Recall that sector bellwether L&T saw 57% year-on-year growth in its order inflow at the group level in Q1FY24. The group’s consolidated order book was at 412,648 crore as of June end, with international orders having a share of 29%. As such, investors will have to gauge the impact of the Israel-Hamas war on the companies engaged with the Middle East. Note that the region constituted 87% of L&T’s international order book in FY23.

Meanwhile, transmission and distribution EPC (engineering, procurement and construction) companies like KEC International and Kalpataru Projects International received significant orders of around 3,200 crore and 3,300 crore, Prabhudas Lilladher noted in its Q2 preview report.

Kotak sees a healthy 23% year-on-year sales growth for ABB India led by strong growth across segments, and expects mid-teens growth in Siemens and Thermax, taking into account an improvement in profitability as commodity prices ease and operating leverage kicks in.

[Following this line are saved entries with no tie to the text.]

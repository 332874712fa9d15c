-- ===== src/Chain/Execution/Stakes.antt =====
-- validator_staking.go: the nonces after a validator transaction.
use synthos_collective.Prelude.{
  ◌-◌, ◌/◌, ◌≡◌, Bool, refl, inl, inr, none, some, get_or, arith, string_eq, nat_eq, String, Option,
}
use synthos_collective.Words.{add64, mul64}
use synthos_collective.Dict.{lookup}
use synthos_collective.Chain.Errors.{StakingError, staking}
use synthos_collective.Chain.Types.{
  Address, Account, ValidatorRecord, State, Tx, account_of, metadata_value,
}
use synthos_collective.Chain.Monad.{Result, ok, err, Result-cases}
use synthos_collective.Chain.SafeMath.{safe_add}
use synthos_collective.Chain.Staking.{
  TxContext, Settled, checked_add, bond_record, collect_matured, bond, unbond, withdraw, step_of,
  settle, apply_staking_tx, new_record,
}
use synthos_collective.Chain.Staking.Keys.{operator_for_key}
use synthos_collective.Chain.Staking.Evidence.{
  apply_validator_evidence, apply_validator_tx_ctx, check_evidence, slash_and_tombstone, punish,
}
use synthos_collective.Chain.Execution.Actions.{CountsNonce, count-nonce}

-- A step writes nothing itself and keeps the nonce of the account it returns.
abbrev Quiet : Account → State → Result Settled × State → Type 0
Quiet acc s (ok (acc', rec'), s') = (s' ≡ s) × (acc'.nonce ≡ acc.nonce)
Quiet acc s (err _, s') = s' ≡ s

module _ (ctx : TxContext) (tx : Tx) (acc : Account) where
  bond-Quiet : (found : Option ValidatorRecord) (s : State) → Quiet acc s (bond ctx tx acc found s)
  unfolding bond checked_add safe_add
  bond-Quiet found s =
      let key = metadata_value tx.metadata "consensus_pub_key" in
      elim (Result-cases (bond_record tx.from key ctx.height found s.validators)) [
        | inl (e, bad) ↦ ground arith
        | inr (rec, good) ↦ ground arith
      ]

  unbond-Quiet :
      (found : Option ValidatorRecord) (s : State) → Quiet acc s (unbond ctx tx acc found s)
  unfolding unbond checked_add safe_add
  unbond-Quiet none s = ground arith
  unbond-Quiet (some rec) s = ground arith

  withdraw-Quiet :
      (found : Option ValidatorRecord) (s : State) → Quiet acc s (withdraw ctx tx acc found s)
  unfolding withdraw checked_add safe_add
  withdraw-Quiet none s = ground arith
  withdraw-Quiet (some rec) s = elim (Result-cases (collect_matured ctx.height 0 rec.unbonding)) [
    | inl (e, bad) ↦ ground arith
    | inr ((sum, pending), good) ↦ ground arith
  ]

  step_of-Quiet :
      (tx_type : String) (found : Option ValidatorRecord) (s : State)
      → Quiet acc s (step_of tx_type ctx tx acc found s)
  unfolding step_of
  step_of-Quiet tx_type found s =
      ground (arith, bond-Quiet found s, unbond-Quiet found s, withdraw-Quiet found s)

module _ (a : Address) (ctx : TxContext) (tx : Tx) (s : State) where
  staking_tx-nonce : (tx_type : String) → CountsNonce a tx s (apply_staking_tx tx_type ctx tx s)
  unfolding apply_staking_tx settle
  staking_tx-nonce tx_type =
      let acc = account_of tx.from s in
      let found = lookup tx.from s.validators in
      let quiet = step_of-Quiet ctx tx acc tx_type found s in
      elim (Result-cases (step_of tx_type ctx tx acc found s).0) [
        | inl (e, bad) ↦ ground arith
        | inr ((acc', rec'), good) ↦
            let stored : Account = record acc' { nonce = add64 acc'.nonce 1 } in
            let kept : acc'.nonce ≡ acc.nonce = ground arith in
            let counted = count-nonce a tx.from stored s.accounts (rw kept refl) in ground arith
      ]

  evidence-nonce :
      (verify : String → String → String → Bool)
      → CountsNonce a tx s (apply_validator_evidence verify ctx tx s)
  unfolding apply_validator_evidence punish
  evidence-nonce verify =
      let reporter = account_of tx.from s in
      elim (Result-cases (check_evidence verify ctx tx)) [
        | inl (e, bad) ↦ ground (arith, bad)
        | inr (key, fine) ↦
            let operator = operator_for_key key s.validators in
            let offender = get_or (lookup operator s.validators) (new_record "" "" 0) in
            let slashed = (slash_and_tombstone offender ctx.params.slash_fraction_bps).1 in
            let reward = mul64 slashed ctx.params.reporter_reward_bps / 10_000 in
            elim (Result-cases
              (checked_add reporter.balance reward (staking StakingError.balance_overflow))) [
                | inl (e, bad) ↦ ground (arith, fine, bad)
                | inr (credited, paid) ↦
                    let stored : Account = record reporter {
                      balance = credited - tx.fee;
                      nonce = add64 reporter.nonce 1;
                    } in
                    let counted = count-nonce a tx.from stored s.accounts refl in
                    ground (arith, fine, paid)
              ]
      ]

  -- A validator transaction moves only its sender's nonce, and only where it succeeds.
  pub validator_tx-nonce :
      (verify : String → String → String → Bool) (tx_type : String)
      → CountsNonce a tx s (apply_validator_tx_ctx verify tx_type ctx tx s)
  unfolding apply_validator_tx_ctx
  validator_tx-nonce verify tx_type =
      let reported = evidence-nonce verify in let staked = staking_tx-nonce tx_type in ground arith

Among defence companies, JM Financial expects Bharat Electronics’ margin to moderate a bit year-on-year, while that of Data Patterns (India) could contract by 2 percentage points due to an increased share of developmental orders.

Overall, investors should look for insights from management commentaries on the outlook for the second half of FY24 in terms of ordering, execution, margins, exports, demand and working capital management.